A profound study of the mechanism and field of application of the increase of Glucocorticoid Receptor transcriptional activity by zinc. 

We aim to find a treatment for systemic inflammatory response syndrom (SIRS), which is an often fatal acute condition occuring after serious trauma, bleeding, burning and infection (sepsis). Despite SIRS is an inflammatory condition, anti-inflammatory glucocorticoids (GCs) have no therapeutic benefit in SIRS. GCs bind to the GC receptor GR. Our work in mouse SIRS models show that GCs might have therapeutic future in SIRS if we find a way to stimulate the GR dimer rather than the GR monomer pathway.

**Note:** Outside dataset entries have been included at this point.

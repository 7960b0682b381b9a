-- ===== src/Kheap/Alloc.antt =====
-- `find_hole` and `alloc` of src/mem/kheap.c.
use luck_os.Common.{
  ℕ, zero, suc, ◌+◌, ◌-◌, ◌/◌, Bool, not, Option, none, some, ◌==◌, leb, ltb, if◌then◌else◌, ◌>>=◌,
}
use luck_os.OrderedArray.{OrderedArray, ordered_array_get, ordered_array_remove}
use luck_os.Kheap.Bytes.{Memory}
use luck_os.Kheap.{
  Kheap, page_size, header_size, footer_size, block_meta_size, kheap_magic, u32, sub32,
  header_magic, header_is_hole, header_length, footer_header, align_to_page, kheap_expand,
  make_block, insert_hole, remove_hole,
}

-- The search for an aligned place in a hole; `none` is out of fuel, `some none` no place.
pub find_aligned : ℕ → ℕ → ℕ → ℕ → ℕ → Option (Option ℕ)
find_aligned zero start end size next = none
find_aligned (suc fuel) start end size next =
    let later = find_aligned fuel start end size (u32 (next + page_size)) in
    if leb (u32 (next + size)) end
    then (if ltb block_meta_size (sub32 next start) then some (some next) else later)
    else some none

-- One round of `find_hole`: the position if the hole at `header` fits.
unfoldable pub hole_fits : Memory → ℕ → ℕ → Bool → Option (Option ℕ)
hole_fits m header size page_align =
    let start = u32 (header + header_size) in
    let end = u32 (start + header_length m header) in
    if page_align
    then find_aligned (end / page_size + 2) start end size (align_to_page start)
    else if leb size (header_length m header)
    then some (some start)
    else some none

-- The loop of `find_hole` from round `i` on: the index of the hole and the position.
unfoldable pub find_hole_from : Memory → OrderedArray → ℕ → Bool → ℕ → ℕ → Option (Option (ℕ × ℕ))
find_hole_from m index size page_align zero i = some none
find_hole_from m index size page_align (suc rounds) i = do
  header ← ordered_array_get index i
  fit ← hole_fits m header size page_align
  let later = find_hole_from m index size page_align rounds (suc i)
  elim fit [ none ↦ later | some alloc_pos ↦ some (some (i, alloc_pos)) ]

unfoldable pub find_hole : Memory → Kheap → ℕ → Bool → Option (Option (ℕ × ℕ))
find_hole m h size page_align = find_hole_from m h.index size page_align h.index.size 0

-- The part of `alloc` for a heap in which no hole fits.
unfoldable pub grow_heap : Memory → Kheap → ℕ → Option (Memory × Kheap)
grow_heap m h size = do
  let old_end_address = h.end_address
  (extended_size, h₁) ← kheap_expand h (u32 (size + block_meta_size))
  let last_footer = sub32 old_end_address footer_size
  let last_header = footer_header m last_footer
  if not (header_is_hole m last_header == 0)
      then (do
        m₁ ← make_block m last_header (u32 (header_length m last_header + extended_size)) 1
        h₂ ← remove_hole h₁ last_header
        h₃ ← insert_hole m₁ h₂ last_header
        some (m₁, h₃))
      else (do
        m₁ ← make_block m old_end_address (sub32 extended_size block_meta_size) 1
        h₂ ← insert_hole m₁ h₁ old_end_address
        some (m₁, h₂))

-- The front of an aligned place that lies inside of the hole becomes a hole of its own: the memory,
-- the heap, the header to use and the size from there on.
pub cut_front : Memory → Kheap → ℕ → ℕ → ℕ → Option (Memory × Kheap × ℕ × ℕ)
cut_front m h header block_size alloc_pos =
    let alloc_block_header = sub32 alloc_pos header_size in
    if ltb header alloc_block_header
    then (let cut_block_size = sub32 alloc_block_header header in
        if ltb block_meta_size cut_block_size
        then (do
          m₁ ← make_block m header (sub32 cut_block_size block_meta_size) 1
          h₁ ← insert_hole m₁ h header
          some (m₁, h₁, alloc_block_header, sub32 block_size cut_block_size))
        else none)
    else some (m, h, header, block_size)

-- `Use this block`, and what remains behind it becomes a hole.
unfoldable pub use_block : Memory → Kheap → ℕ → ℕ → ℕ → Option (Memory × Kheap)
use_block m h header block_size size =
    if leb size block_size
    then (let remain_size = block_size - size in
        if leb remain_size block_meta_size
        then (do m₁ ← make_block m header block_size 0; some (m₁, h))
        else (do
          m₁ ← make_block m header size 0
          let rest = u32 (header + block_meta_size + size)
          m₂ ← make_block m₁ rest (remain_size - block_meta_size) 1
          h₁ ← insert_hole m₂ h rest
          some (m₂, h₁)))
    else none

-- The part of `alloc` for the hole that `find_hole` found.
unfoldable pub take_hole : Memory → Kheap → ℕ → Bool → ℕ → ℕ → Option (ℕ × Memory × Kheap)
take_hole m h size page_align iterator alloc_pos = do
  header ← ordered_array_get h.index iterator
  if header_magic m header == kheap_magic
      then (do
        let block_size = header_length m header
        (result, index) ← ordered_array_remove h.index iterator
        let h₁ = record h { index = index }
        (m₂, h₂, header₂, block_size₂) ←
            (if page_align
              then cut_front m h₁ header block_size alloc_pos
              else some (m, h₁, header, block_size))
        (m₃, h₃) ← use_block m₂ h₂ header₂ block_size₂ size
        some (alloc_pos, m₃, h₃))
      else none

-- The call in the last line of the first branch takes fuel: each round has made the heap larger.
unfoldable pub alloc : ℕ → Memory → Kheap → ℕ → Bool → Option (ℕ × Memory × Kheap)
alloc zero m h size page_align = none
alloc (suc fuel) m h size page_align =
    if size == 0
    then none
    else find_hole m h size page_align >>= elim [
      | none ↦ grow_heap m h size >>= λ (m', h'). alloc fuel m' h' size page_align
      | some (iterator, alloc_pos) ↦ take_hole m h size page_align iterator alloc_pos
    ]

A GR dimer functions as a true transcription factor, binding GRE DNA elements and inducing gene transcription. In SIRS, this dimer pathway is inactivated. We found that zinc (Zn) protects in a mouse model of SIRS and that the effect of zinc needs GR dimerization. Here, we want to find the mechanism by which Zn helps GCs in stimulating the GR dimer pathway. Our data suggest a direct effect of Zn on the GR dimerization process, which will be further studied in work package 1 (WP1) and at several levels of the GR dimer pathway (dimerization, DNA binding, co-factor recruitment, GRE-gene induction). In WP2, we will study the involvement of the primary Znrecognizing Metal Transcription Factor-1 (MTF-1) in these processes using MTF-1-KO cells and mice and in WP3, we will study the impact of Zn on the gut, the primary target in SIRS, by studying gene expression in relation to GCs and the microbiome. WP4 addresses therapeutic options for Zn to help GCs in GC resistant SIRS and sepsis.